● Exercise brief
In full and without alteration, write out the data below.

#####

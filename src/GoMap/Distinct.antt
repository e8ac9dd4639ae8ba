-- ===== src/GoMap/Distinct.antt =====
-- The keys of a Go map are distinct: each write and each deletion keeps that.
use alma_backend_task.Prelude.{
  ℕ, ◌+◌, ◌≤◌, ◌≡◌, refl, Option, none, some, [], ◌∷◌, ite, arith, if_neg, if_pos, count,
  count-cons, All,
}
use alma_backend_task.GoMap.{Map, keys, get, put, delete}

-- the number if the map lacks the key, else 0
abbrev pub absent {ℓ} : {V : Type ℓ} → Option V → ℕ → ℕ
absent none n = n
absent (some v) n = 0

absent_zero {ℓ} : {V : Type ℓ} (o : Option V) {n : ℕ} → n ≤ 1 → n + absent o 0 ≤ 1
absent_zero none h = omega arith
absent_zero (some v) h = omega arith

absent_bound {ℓ κ} :
    {V : Type ℓ} {P : Type κ} (o : Option V) (d : Dec P) {n : ℕ}
    → n ≤ 1
    → (o ≡ none → n ≡ 0)
    → n + absent o (ite d 1 0) ≤ 1
absent_bound none (yes p) h z = omega (arith, z refl)
absent_bound none (no n) h z = omega arith
absent_bound (some v) d h z = omega arith

module _ {K V : Type 0} (dec : Discrete K) where
  abbrev pub IsMap : Map K V → Type 0
  IsMap m = (k : K) → count dec k (keys m) ≤ 1

  pub count-keys-none : (k : K) (m : Map K V) → get dec k m ≡ none → count dec k (keys m) ≡ 0
  unfolding get count
  count-keys-none k [] h = refl
  count-keys-none k ((j, v) ∷ m) h = ground (arith, count-keys-none k m)

  -- A write adds the key if the map lacks it, and no other key.
  pub count-keys-put :
      (k j : K) (v : V) (m : Map K V)
      → count dec j (keys (put dec k v m))
        ≡ count dec j (keys m) + absent (get dec k m) (ite (dec k j) 1 0)
  unfolding count put get
  count-keys-put k j v [] = ground arith
  count-keys-put k j v ((i, w) ∷ m) = ground (arith, count-keys-put k j v m)

  pub count-keys-delete-le :
      (k j : K) (m : Map K V) → count dec j (keys (delete dec k m)) ≤ count dec j (keys m)
  unfolding count delete
  count-keys-delete-le k j [] = omega arith
  count-keys-delete-le k j ((i, w) ∷ m) = ground (arith, count-keys-delete-le k j m)

  pub put-IsMap : (k : K) (v : V) (m : Map K V) → IsMap m → IsMap (put dec k v m)
  put-IsMap k v m h j = elim (dec k j) [
    | yes e ↦
        rw count-keys-put
          (absent_bound (get dec k m) (dec k j) (h j) (λ n. rw (← e) (count-keys-none k m n)))
    | no n ↦ rw (count-keys-put, if_neg (dec k j) n) (absent_zero (get dec k m) (h j))
  ]

  pub delete-IsMap : (k : K) (m : Map K V) → IsMap m → IsMap (delete dec k m)
  delete-IsMap k m h j = omega (arith, h j, count-keys-delete-le k j m)

  pub count-keys-some :
      (k : K) (v : V) (m : Map K V) → get dec k m ≡ some v → 1 ≤ count dec k (keys m)
  unfolding get count
  count-keys-some k v [] h = cc
  count-keys-some k v ((j, w) ∷ m) h = ground (arith, count-keys-some k v m)

  -- An entry of the list is what its key reads.
  abbrev IsEntry : Map K V → K × V → Type 0
  IsEntry m e = get dec e.0 m ≡ some e.1

  entries-cons :
      (k : K) (v : V) (m es : Map K V)
      → count dec k (keys m) ≡ 0
      → All (IsEntry m) es
      → All (IsEntry ((k, v) ∷ m)) es
  unfolding get
  entries-cons k v m [] z h = tt
  entries-cons k v m ((j, w) ∷ es) z h = (
    elim (dec k j) [
      | yes p ↦ absurd (omega (arith, z, count-keys-some k w m (rw p h.0)))
      | no n ↦ rw (if_neg (dec k j) n) h.0
    ],
    entries-cons k v m es z h.1,
  )

  -- The keys of a map are distinct, so that each entry is what its key reads.
  pub entries : (m : Map K V) → IsMap m → All (IsEntry m) m
  unfolding get
  entries [] h = tt
  entries ((k, v) ∷ m) h =
      let z : count dec k (keys m) ≡ 0 =
        omega (arith, h k, count-cons dec k k (keys m), if_pos {C = ℕ} (dec k k) refl 1 0) in
      (
        rw (if_pos (dec k k) refl) refl,
        entries-cons k v m m z (entries m (λ j. omega (arith, h j, count-cons dec j k (keys m)))),
      )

#####

● Solved exercise
filename src/GoMap/Distinct.antt
repository e8ac9dd4639ae8ba
-- ===== src/GoMap/Distinct.antt =====
-- The keys of a Go map are distinct: each write and each deletion keeps that.
use alma_backend_task.Prelude.{
  ℕ, ◌+◌, ◌≤◌, ◌≡◌, refl, Option, none, some, [], ◌∷◌, ite, arith, if_neg, if_pos, count,
  count-cons, All,
}
use alma_backend_task.GoMap.{Map, keys, get, put, delete}

-- the number if the map lacks the key, else 0
abbrev pub absent {ℓ} : {V : Type ℓ} → Option V → ℕ → ℕ
absent none n = n
absent (some v) n = 0

absent_zero {ℓ} : {V : Type ℓ} (o : Option V) {n : ℕ} → n ≤ 1 → n + absent o 0 ≤ 1
absent_zero none h = omega arith
absent_zero (some v) h = omega arith

absent_bound {ℓ κ} :
    {V : Type ℓ} {P : Type κ} (o : Option V) (d : Dec P) {n : ℕ}
    → n ≤ 1
    → (o ≡ none → n ≡ 0)
    → n + absent o (ite d 1 0) ≤ 1
absent_bound none (yes p) h z = omega (arith, z refl)
absent_bound none (no n) h z = omega arith
absent_bound (some v) d h z = omega arith

module _ {K V : Type 0} (dec : Discrete K) where
  abbrev pub IsMap : Map K V → Type 0
  IsMap m = (k : K) → count dec k (keys m) ≤ 1

  pub count-keys-none : (k : K) (m : Map K V) → get dec k m ≡ none → count dec k (keys m) ≡ 0
  unfolding get count
  count-keys-none k [] h = refl
  count-keys-none k ((j, v) ∷ m) h = ground (arith, count-keys-none k m)

  -- A write adds the key if the map lacks it, and no other key.
  pub count-keys-put :
      (k j : K) (v : V) (m : Map K V)
      → count dec j (keys (put dec k v m))
        ≡ count dec j (keys m) + absent (get dec k m) (ite (dec k j) 1 0)
  unfolding count put get
  count-keys-put k j v [] = ground arith
  count-keys-put k j v ((i, w) ∷ m) = ground (arith, count-keys-put k j v m)

  pub count-keys-delete-le :
      (k j : K) (m : Map K V) → count dec j (keys (delete dec k m)) ≤ count dec j (keys m)
  unfolding count delete
  count-keys-delete-le k j [] = omega arith
  count-keys-delete-le k j ((i, w) ∷ m) = ground (arith, count-keys-delete-le k j m)

  pub put-IsMap : (k : K) (v : V) (m : Map K V) → IsMap m → IsMap (put dec k v m)
  put-IsMap k v m h j = elim (dec k j) [
    | yes e ↦
        rw count-keys-put
          (absent_bound (get dec k m) (dec k j) (h j) (λ n. rw (← e) (count-keys-none k m n)))
    | no n ↦ rw (count-keys-put, if_neg (dec k j) n) (absent_zero (get dec k m) (h j))
  ]

  pub delete-IsMap : (k : K) (m : Map K V) → IsMap m → IsMap (delete dec k m)
  delete-IsMap k m h j = omega (arith, h j, count-keys-delete-le k j m)

  pub count-keys-some :
      (k : K) (v : V) (m : Map K V) → get dec k m ≡ some v → 1 ≤ count dec k (keys m)
  unfolding get count
  count-keys-some k v [] h = cc
  count-keys-some k v ((j, w) ∷ m) h = ground (arith, count-keys-some k v m)

  -- An entry of the list is what its key reads.
  abbrev IsEntry : Map K V → K × V → Type 0
  IsEntry m e = get dec e.0 m ≡ some e.1

  entries-cons :
      (k : K) (v : V) (m es : Map K V)
      → count dec k (keys m) ≡ 0
      → All (IsEntry m) es
      → All (IsEntry ((k, v) ∷ m)) es
  unfolding get
  entries-cons k v m [] z h = tt
  entries-cons k v m ((j, w) ∷ es) z h = (
    elim (dec k j) [
      | yes p ↦ absurd (omega (arith, z, count-keys-some k w m (rw p h.0)))
      | no n ↦ rw (if_neg (dec k j) n) h.0
    ],
    entries-cons k v m es z h.1,
  )

  -- The keys of a map are distinct, so that each entry is what its key reads.
  pub entries : (m : Map K V) → IsMap m → All (IsEntry m) m
  unfolding get
  entries [] h = tt
  entries ((k, v) ∷ m) h =
      let z : count dec k (keys m) ≡ 0 =
        omega (arith, h k, count-cons dec k k (keys m), if_pos {C = ℕ} (dec k k) refl 1 0) in
      (
        rw (if_pos (dec k k) refl) refl,
        entries-cons k v m m z (entries m (λ j. omega (arith, h j, count-cons dec j k (keys m)))),
      )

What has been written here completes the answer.